Reproduce each record in the listing below exactly as written.
<<<<
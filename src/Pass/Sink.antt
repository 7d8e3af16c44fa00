-- ===== src/Pass/Sink.antt =====
-- `locateErrorSink` against the list of the wires that are marked.
use tamara.Pass.{locate_error_sink, sink_among, wire, error_sink_annotation}
use tamara.Rtlil.Kernel.{wire}
use tamara.Util.Names.{error_sink_annotation}
use tamara.Common.{
  List, Result, Bool, Option, none, ok, some, ◌≡◌, select, ◌∷◌, Bool-cases, err, Error, inl, [],
  inr, refl, ◌∙◌,
}
use tamara.Rtlil.Platform.{Platform}

module _ (p : Platform) where
  open p use {kernel}
  open kernel use {Wire, Module, wire_name, wires, has_attribute}

  abbrev is_marked : Module → Wire → Bool
  is_marked m w = has_attribute m (wire w) error_sink_annotation

  -- none, the only one, or an error that names the second
  abbrev pub only_sink : List Wire → Result (Option Wire)
  only_sink [] = ok none
  only_sink (w ∷ []) = ok (some w)
  only_sink (w ∷ second ∷ more) = err (Error.duplicate_error_sink (wire_name second))

  abbrev second_sink : Wire → List Wire → Result (Option Wire)
  second_sink sink [] = ok (some sink)
  second_sink sink (w ∷ more) = err (Error.duplicate_error_sink (wire_name w))

  second-only : (w : Wire) (ws : List Wire) → second_sink w ws ≡ only_sink (w ∷ ws)
  second-only w [] = refl
  second-only w (second ∷ more) = refl

  sink_among-some :
      (m : Module) (ws : List Wire) (sink : Wire)
      → sink_among p m ws (some sink) ≡ second_sink sink (select (is_marked m) ws)
  unfolding sink_among
  sink_among-some m [] sink = refl
  sink_among-some m (w ∷ ws) sink = elim (Bool-cases (is_marked m w)) [
    | inl marked ↦ rw (marked, sink_among, select) refl
    | inr plain ↦ rw (plain, sink_among, select) (sink_among-some m ws sink)
  ]

  sink_among-none :
      (m : Module) (ws : List Wire) → sink_among p m ws none ≡ only_sink (select (is_marked m) ws)
  unfolding sink_among
  sink_among-none m [] = refl
  sink_among-none m (w ∷ ws) = elim (Bool-cases (is_marked m w)) [
    | inl marked ↦
        rw (marked, sink_among, select)
          (sink_among-some m ws w ∙ second-only w (select (is_marked m) ws))
    | inr plain ↦ rw (plain, sink_among, select) (sink_among-none m ws)
  ]

  -- The error sink is the only marked wire of the module. Without one there is no sink, and with
  -- two the command fails and names the second.
  pub locate_error_sink-only :
      (m : Module)
      → locate_error_sink p m
        ≡ only_sink (select (λ w. has_attribute m (wire w) error_sink_annotation) (wires m))
  unfolding locate_error_sink
  locate_error_sink-only m = sink_among-none m (wires m)
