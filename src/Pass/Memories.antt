-- ===== src/Pass/Memories.antt =====
-- Memories stay out of the logic graph.
use tamara.Pass.{mark_memory, ignore_annotation, mark_memories_ignored}
use tamara.Rtlil.Kernel.{cell}
use tamara.Util.Connections.{Ptr, analyse_connections, should_consider_for_tmr}
use tamara.Util.Names.{ignore_annotation}
use tamara.Util.Links.{linked}
use tamara.Util.Neighbours.{analyse_connections-Neighbour, Considered, Neighbour, Through}
use tamara.Common.{
  List, In, Bool-cases, foldl, ◌≡◌, inl, true, ◌∷◌, [], inr, false, String, subst, ◌⊎◌, sym, ⊎_elim,
  arith, refl, refuted,
}
use tamara.Rtlil.Attributes.{Attributes, Has}
use tamara.Rtlil.Platform.{Platform}

module _ (p : Platform) (laws : Attributes p.kernel) where
  open p use {kernel, ptr_set, wire_map}
  open kernel use {Cell, Module, cells, is_mem_cell, has_attribute}

  mark_memory-keeps :
      (c d : Cell) (m : Module)
      → Has kernel m (cell d) ignore_annotation
      → Has kernel (mark_memory p m c) (cell d) ignore_annotation
  unfolding mark_memory
  mark_memory-keeps c d m h = elim (Bool-cases (is_mem_cell c)) [
    | inl memory ↦
        rw memory
          (laws.set_bool_attribute-keeps (cell c) ignore_annotation m (cell d) ignore_annotation h)
    | inr other ↦ rw other h
  ]

  marks-keep :
      (cs : List Cell) (d : Cell) (m : Module)
      → Has kernel m (cell d) ignore_annotation
      → Has kernel (foldl (mark_memory p) m cs) (cell d) ignore_annotation
  marks-keep [] d m h = h
  marks-keep (c ∷ cs) d m h = marks-keep cs d (mark_memory p m c) (mark_memory-keeps c d m h)

  marks-Has :
      (cs : List Cell) (d : Cell) (m : Module)
      → In d cs
      → is_mem_cell d ≡ true
      → Has kernel (foldl (mark_memory p) m cs) (cell d) ignore_annotation
  unfolding mark_memory
  marks-Has [] d m member memory = absurd member
  marks-Has (c ∷ cs) d m (inl e) memory = marks-keep cs d (mark_memory p m c) (
      subst (λ c. Has kernel (mark_memory p m c) (cell d) ignore_annotation) (sym e)
        (rw memory (laws.set_bool_attribute-Has (cell d) ignore_annotation m)))
  marks-Has (c ∷ cs) d m (inr member) memory = marks-Has cs d (mark_memory p m c) member memory

  marked_Has :
      (m : Module) (c : Cell)
      → In c (cells m)
      → is_mem_cell c ≡ true
      → Has kernel (mark_memories_ignored p m) (cell c) ignore_annotation
  unfolding mark_memories_ignored
  marked_Has m c member memory = marks-Has (cells m) c m member memory

  Through-cell :
      (d c : Cell) (name : String) (w : kernel.Wire) (a b : Ptr p)
      → (a ≡ cell c) ⊎ (b ≡ cell c)
      → Through p d name w a b
      → d ≡ c
  Through-cell d c name w a b end h = ground arith

  ignored-Considered :
      (m : Module) (c d : Cell)
      → d ≡ c
      → Considered p m (cell d)
      → Has kernel m (cell c) ignore_annotation
      → ⊥
  unfolding should_consider_for_tmr
  ignored-Considered m c d e considered ignored = ground arith

  Neighbour-Considered :
      (m : Module) (c : Cell) (a b : Ptr p)
      → (a ≡ cell c) ⊎ (b ≡ cell c)
      → Neighbour p m a b
      → Has kernel m (cell c) ignore_annotation
      → ⊥
  Neighbour-Considered m c a b end (inl (d, _, (considered, ((name, s), _, (w, _, through)))))
        ignored =
      ignored-Considered m c d (Through-cell d c name w a b end through) considered ignored
  Neighbour-Considered m c a b end (inr (joint, _, (l, r, _, _, (_, _, at_l, at_r)))) ignored =
      ⊎_elim (λ e. cc) (λ e. cc) end

  -- A memory of the module has no neighbour and is nobody's neighbour in the analysis that follows
  -- the marking, so that no search comes to it.
  pub memory-unlinked :
      (m : Module) (c : Cell) (b : Ptr p)
      → In c (cells m)
      → is_mem_cell c ≡ true
      → (linked ptr_set wire_map
            (analyse_connections p (mark_memories_ignored p m)).wires
            (cell c)
            b
          ≡ false)
        × (linked ptr_set wire_map
              (analyse_connections p (mark_memories_ignored p m)).wires
              b
              (cell c)
            ≡ false)
  memory-unlinked m c b member memory =
      let marked = mark_memories_ignored p m in
      let ignored = marked_Has m c member memory in
      let (from, _) = analyse_connections-Neighbour p marked (cell c) b in
      let (from', _) = analyse_connections-Neighbour p marked b (cell c) in
      (
        refuted (λ h. Neighbour-Considered marked c (cell c) b (inl refl) (from h) ignored),
        refuted (λ h. Neighbour-Considered marked c b (cell c) (inr refl) (from' h) ignored),
      )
>>>>
RESULT:
filename src/Pass/Sink.antt
repository 7d8e3af16c44fa00
-- ===== src/Pass/Sink.antt =====
-- `locateErrorSink` against the list of the wires that are marked.
use tamara.Pass.{locate_error_sink, sink_among, wire, error_sink_annotation}
use tamara.Rtlil.Kernel.{wire}
use tamara.Util.Names.{error_sink_annotation}
use tamara.Common.{
  List, Result, Bool, Option, none, ok, some, ◌≡◌, select, ◌∷◌, Bool-cases, err, Error, inl, [],
  inr, refl, ◌∙◌,
}
use tamara.Rtlil.Platform.{Platform}

module _ (p : Platform) where
  open p use {kernel}
  open kernel use {Wire, Module, wire_name, wires, has_attribute}

  abbrev is_marked : Module → Wire → Bool
  is_marked m w = has_attribute m (wire w) error_sink_annotation

  -- none, the only one, or an error that names the second
  abbrev pub only_sink : List Wire → Result (Option Wire)
  only_sink [] = ok none
  only_sink (w ∷ []) = ok (some w)
  only_sink (w ∷ second ∷ more) = err (Error.duplicate_error_sink (wire_name second))

  abbrev second_sink : Wire → List Wire → Result (Option Wire)
  second_sink sink [] = ok (some sink)
  second_sink sink (w ∷ more) = err (Error.duplicate_error_sink (wire_name w))

  second-only : (w : Wire) (ws : List Wire) → second_sink w ws ≡ only_sink (w ∷ ws)
  second-only w [] = refl
  second-only w (second ∷ more) = refl

  sink_among-some :
      (m : Module) (ws : List Wire) (sink : Wire)
      → sink_among p m ws (some sink) ≡ second_sink sink (select (is_marked m) ws)
  unfolding sink_among
  sink_among-some m [] sink = refl
  sink_among-some m (w ∷ ws) sink = elim (Bool-cases (is_marked m w)) [
    | inl marked ↦ rw (marked, sink_among, select) refl
    | inr plain ↦ rw (plain, sink_among, select) (sink_among-some m ws sink)
  ]

  sink_among-none :
      (m : Module) (ws : List Wire) → sink_among p m ws none ≡ only_sink (select (is_marked m) ws)
  unfolding sink_among
  sink_among-none m [] = refl
  sink_among-none m (w ∷ ws) = elim (Bool-cases (is_marked m w)) [
    | inl marked ↦
        rw (marked, sink_among, select)
          (sink_among-some m ws w ∙ second-only w (select (is_marked m) ws))
    | inr plain ↦ rw (plain, sink_among, select) (sink_among-none m ws)
  ]

  -- The error sink is the only marked wire of the module. Without one there is no sink, and with
  -- two the command fails and names the second.
  pub locate_error_sink-only :
      (m : Module)
      → locate_error_sink p m
        ≡ only_sink (select (λ w. has_attribute m (wire w) error_sink_annotation) (wires m))
  unfolding locate_error_sink
  locate_error_sink-only m = sink_among-none m (wires m)
filename src/Pass/Memories.antt
-- ===== src/Pass/Memories.antt =====
-- Memories stay out of the logic graph.
use tamara.Pass.{mark_memory, ignore_annotation, mark_memories_ignored}
use tamara.Rtlil.Kernel.{cell}
use tamara.Util.Connections.{Ptr, analyse_connections, should_consider_for_tmr}
use tamara.Util.Names.{ignore_annotation}
use tamara.Util.Links.{linked}
use tamara.Util.Neighbours.{analyse_connections-Neighbour, Considered, Neighbour, Through}
use tamara.Common.{
  List, In, Bool-cases, foldl, ◌≡◌, inl, true, ◌∷◌, [], inr, false, String, subst, ◌⊎◌, sym, ⊎_elim,
  arith, refl, refuted,
}
use tamara.Rtlil.Attributes.{Attributes, Has}
use tamara.Rtlil.Platform.{Platform}

module _ (p : Platform) (laws : Attributes p.kernel) where
  open p use {kernel, ptr_set, wire_map}
  open kernel use {Cell, Module, cells, is_mem_cell, has_attribute}

  mark_memory-keeps :
      (c d : Cell) (m : Module)
      → Has kernel m (cell d) ignore_annotation
      → Has kernel (mark_memory p m c) (cell d) ignore_annotation
  unfolding mark_memory
  mark_memory-keeps c d m h = elim (Bool-cases (is_mem_cell c)) [
    | inl memory ↦
        rw memory
          (laws.set_bool_attribute-keeps (cell c) ignore_annotation m (cell d) ignore_annotation h)
    | inr other ↦ rw other h
  ]

  marks-keep :
      (cs : List Cell) (d : Cell) (m : Module)
      → Has kernel m (cell d) ignore_annotation
      → Has kernel (foldl (mark_memory p) m cs) (cell d) ignore_annotation
  marks-keep [] d m h = h
  marks-keep (c ∷ cs) d m h = marks-keep cs d (mark_memory p m c) (mark_memory-keeps c d m h)

  marks-Has :
      (cs : List Cell) (d : Cell) (m : Module)
      → In d cs
      → is_mem_cell d ≡ true
      → Has kernel (foldl (mark_memory p) m cs) (cell d) ignore_annotation
  unfolding mark_memory
  marks-Has [] d m member memory = absurd member
  marks-Has (c ∷ cs) d m (inl e) memory = marks-keep cs d (mark_memory p m c) (
      subst (λ c. Has kernel (mark_memory p m c) (cell d) ignore_annotation) (sym e)
        (rw memory (laws.set_bool_attribute-Has (cell d) ignore_annotation m)))
  marks-Has (c ∷ cs) d m (inr member) memory = marks-Has cs d (mark_memory p m c) member memory

  marked_Has :
      (m : Module) (c : Cell)
      → In c (cells m)
      → is_mem_cell c ≡ true
      → Has kernel (mark_memories_ignored p m) (cell c) ignore_annotation
  unfolding mark_memories_ignored
  marked_Has m c member memory = marks-Has (cells m) c m member memory

  Through-cell :
      (d c : Cell) (name : String) (w : kernel.Wire) (a b : Ptr p)
      → (a ≡ cell c) ⊎ (b ≡ cell c)
      → Through p d name w a b
      → d ≡ c
  Through-cell d c name w a b end h = ground arith

  ignored-Considered :
      (m : Module) (c d : Cell)
      → d ≡ c
      → Considered p m (cell d)
      → Has kernel m (cell c) ignore_annotation
      → ⊥
  unfolding should_consider_for_tmr
  ignored-Considered m c d e considered ignored = ground arith

  Neighbour-Considered :
      (m : Module) (c : Cell) (a b : Ptr p)
      → (a ≡ cell c) ⊎ (b ≡ cell c)
      → Neighbour p m a b
      → Has kernel m (cell c) ignore_annotation
      → ⊥
  Neighbour-Considered m c a b end (inl (d, _, (considered, ((name, s), _, (w, _, through)))))
        ignored =
      ignored-Considered m c d (Through-cell d c name w a b end through) considered ignored
  Neighbour-Considered m c a b end (inr (joint, _, (l, r, _, _, (_, _, at_l, at_r)))) ignored =
      ⊎_elim (λ e. cc) (λ e. cc) end

  -- A memory of the module has no neighbour and is nobody's neighbour in the analysis that follows
  -- the marking, so that no search comes to it.
  pub memory-unlinked :
      (m : Module) (c : Cell) (b : Ptr p)
      → In c (cells m)
      → is_mem_cell c ≡ true
      → (linked ptr_set wire_map
            (analyse_connections p (mark_memories_ignored p m)).wires
            (cell c)
            b
          ≡ false)
        × (linked ptr_set wire_map
              (analyse_connections p (mark_memories_ignored p m)).wires
              b
              (cell c)
            ≡ false)
  memory-unlinked m c b member memory =
      let marked = mark_memories_ignored p m in
      let ignored = marked_Has m c member memory in
      let (from, _) = analyse_connections-Neighbour p marked (cell c) b in
      let (from', _) = analyse_connections-Neighbour p marked b (cell c) in
      (
        refuted (λ h. Neighbour-Considered marked c (cell c) b (inl refl) (from h) ignored),
        refuted (λ h. Neighbour-Considered marked c b (cell c) (inr refl) (from' h) ignored),
      )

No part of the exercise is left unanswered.